#### DESCRIPTION OF THE TASK:
Copy out every line of the records in which "mail" can be found.

Collected data
************

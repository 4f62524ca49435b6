-- ===== src/Scenarios/Files.antt =====
-- The theorems on the file of the ledger, applied to a file with one event. A line is the name of its
-- event here.
use ikimetr.Prelude.{
  ◌≡◌, refl, ◌⊎◌, true, none, some, List, [], ◌∷◌, ◌++◌, Text, text, text_Eq, text_eq, ok, err,
}
use ikimetr.Config.{ProviderId}
use ikimetr.LedgerEvents.{
  HealthStatus, LedgerEvent, event_id, parse_ledger_event, valid_event, valid_provider_health,
  event_strings, is_identifier, is_reason_code, is_sha256_hex, ends_with_z,
}
use ikimetr.AccountingLedger.{
  newline, LineFormat, Printable, ReplayError, nothing_seen, reject_duplicate, see_kind, see_event,
  read_event, read_lines, read_source, split_lines, replay, AppendCalls, write_all, write_record,
  append,
}
use ikimetr.AccountingLedger.Reading.{ids_after, Fresh}
use ikimetr.AccountingLedger.Writing.{append-replay, append-failed}
use ikimetr.Scenarios.{demo}

abbrev probe : Text → LedgerEvent
probe id = LedgerEvent.provider_health (record {
  event_id = id;
  occurred_at = text "2026-01-02T03:04:05Z";
  provider = ProviderId.deepseek;
  model = text "chat";
  status = HealthStatus.healthy;
  latency_ms = none;
  reason_code = text "probe";
})

abbrev names : LineFormat
names = record { print = event_id; parse = λ line. some (probe line) }

abbrev first_file : Text
first_file = text "e1" ++ newline ∷ []

abbrev one_event : List LedgerEvent
one_event = probe (text "e1") ∷ []

first_ok : replay demo.schema names true (some first_file) ≡ ok one_event
unfolding replay read_source read_lines read_event see_event see_kind reject_duplicate split_lines
    parse_ledger_event valid_event valid_provider_health event_strings is_identifier is_reason_code
    is_sha256_hex ends_with_z text_eq
first_ok = refl

second_Printable : Printable names (probe (text "e2"))
second_Printable = record { one_line = refl; some_text = (b'e', text "2", refl); read_back = refl }

second_Fresh : Fresh (ids_after nothing_seen one_event) (probe (text "e2"))
unfolding ids_after text_eq
second_Fresh = record { event = refl; reservation = refl; settlement = refl; approval = refl }

-- Two writes, of one character and of the rest.
abbrev in_two : AppendCalls
in_two = record { bounded = true; opened = true; writes = some 1 ∷ some 2 ∷ []; synced = true }

-- The process ends after the first of them.
abbrev cut_off : AppendCalls
cut_off = record { bounded = true; opened = true; writes = some 1 ∷ []; synced = true }

append-replay_example :
    replay demo.schema names true
      (some (append demo.schema names in_two (probe (text "e2")) first_file).0)
    ≡ ok (probe (text "e1") ∷ probe (text "e2") ∷ [])
unfolding append write_record write_all parse_ledger_event valid_event valid_provider_health
    event_strings is_identifier is_reason_code is_sha256_hex ends_with_z text_eq
append-replay_example =
    append-replay demo.schema names (probe (text "e2")) first_file one_event first_ok
      second_Printable second_Fresh in_two refl

append-failed_example :
    (replay demo.schema names true
        (some (append demo.schema names cut_off (probe (text "e2")) first_file).0)
      ≡ ok one_event)
    ⊎ ((replay demo.schema names true
            (some (append demo.schema names cut_off (probe (text "e2")) first_file).0)
          ≡ ok (one_event ++ probe (text "e2") ∷ []))
        ⊎ (replay demo.schema names true
              (some (append demo.schema names cut_off (probe (text "e2")) first_file).0)
            ≡ err ReplayError.partial_record))
unfolding append write_record write_all parse_ledger_event valid_event valid_provider_health
    event_strings is_identifier is_reason_code is_sha256_hex ends_with_z text_eq
append-failed_example =
    append-failed demo.schema names (probe (text "e2")) first_file one_event first_ok
      second_Printable second_Fresh cut_off refl
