-- ===== src/Scenarios/Jobs.antt =====
-- The theorems on the job worker, applied to a concrete table.
use ikimetr.Prelude.{
  List, ◌==◌, if◌then◌else◌, text_Eq, ◌≡◌, refl, none, some, [], ◌∷◌, text, text_eq,
}
use ikimetr.Jobs.{
  JobStatus, JobRow, JobOptions, Outcome, Handlers, Store, find_row, claim, update, process_one,
}
use ikimetr.Jobs.Rows.{JobOp, apply_job, run_jobs, InTime}
use ikimetr.Jobs.Terminal.{StoreMove, run_jobs-StoreMove}
use ikimetr.Jobs.Attempts.{after_failure, process_one-failed, process_times, process_times-dead}

abbrev job : JobRow
job = record {
  id = text "j1";
  kind = text "mail";
  payload = text "{}";
  attempts = 0;
  max_attempts = 3;
  status = JobStatus.queued;
  idempotency_key = none;
  last_error = none;
  scheduled_at = 0;
  updated_at = 0;
}

abbrev table : Store
table = record { rows = job ∷ []; queue = text "j1" ∷ []; retries = []; dead = [] }

abbrev options : JobOptions
options = record { retry_base_delay_ms = 2000; retry_max_delay_ms = 60000; stale_job_ms = 300000 }

abbrev handlers : Handlers
handlers kind = if kind == text "mail" then some (λ r. Outcome.failed (text "down")) else none

found : find_row (text "j1") table.rows ≡ some job
unfolding find_row text_eq
found = refl

-- A second claim between the claim and the end of the job.
abbrev calls : List JobOp
calls =
    JobOp.claim_job 5 (text "j1")
    ∷ JobOp.claim_job 6 (text "j1")
    ∷ JobOp.end_job 7 job (Outcome.failed (text "down"))
    ∷ JobOp.schedule 9000
    ∷ []

calls-InTime : InTime options handlers calls table
unfolding apply_job claim update find_row text_eq
calls-InTime = (tt, (tt, ((5, refl), (tt, tt))))

run_jobs-StoreMove_example : StoreMove table (run_jobs options handlers calls table)
run_jobs-StoreMove_example = run_jobs-StoreMove options handlers calls table calls-InTime

process_one-failed_example :
    find_row (text "j1") (process_one options handlers 5 (text "j1") table).rows
    ≡ some (after_failure options 5 job (text "down"))
unfolding text_eq
process_one-failed_example =
    process_one-failed options handlers 5 table job (text "down") found refl refl

process_times-dead_example :
    (row : JobRow) × (find_row
        (text "j1")
        (process_times options handlers 5 (text "j1") 3 table).rows
      ≡ some row)
    × (row.status ≡ JobStatus.dead)
    × (row.attempts ≡ 3)
unfolding text_eq
process_times-dead_example =
    process_times-dead options handlers 5 2 table job (λ row e. (text "down", rw (e) refl)) found
      refl refl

************

#### SOLUTION FOR THIS EXERCISE:
  kind = text "mail";
handlers kind = if kind == text "mail" then some (λ r. Outcome.failed (text "down")) else none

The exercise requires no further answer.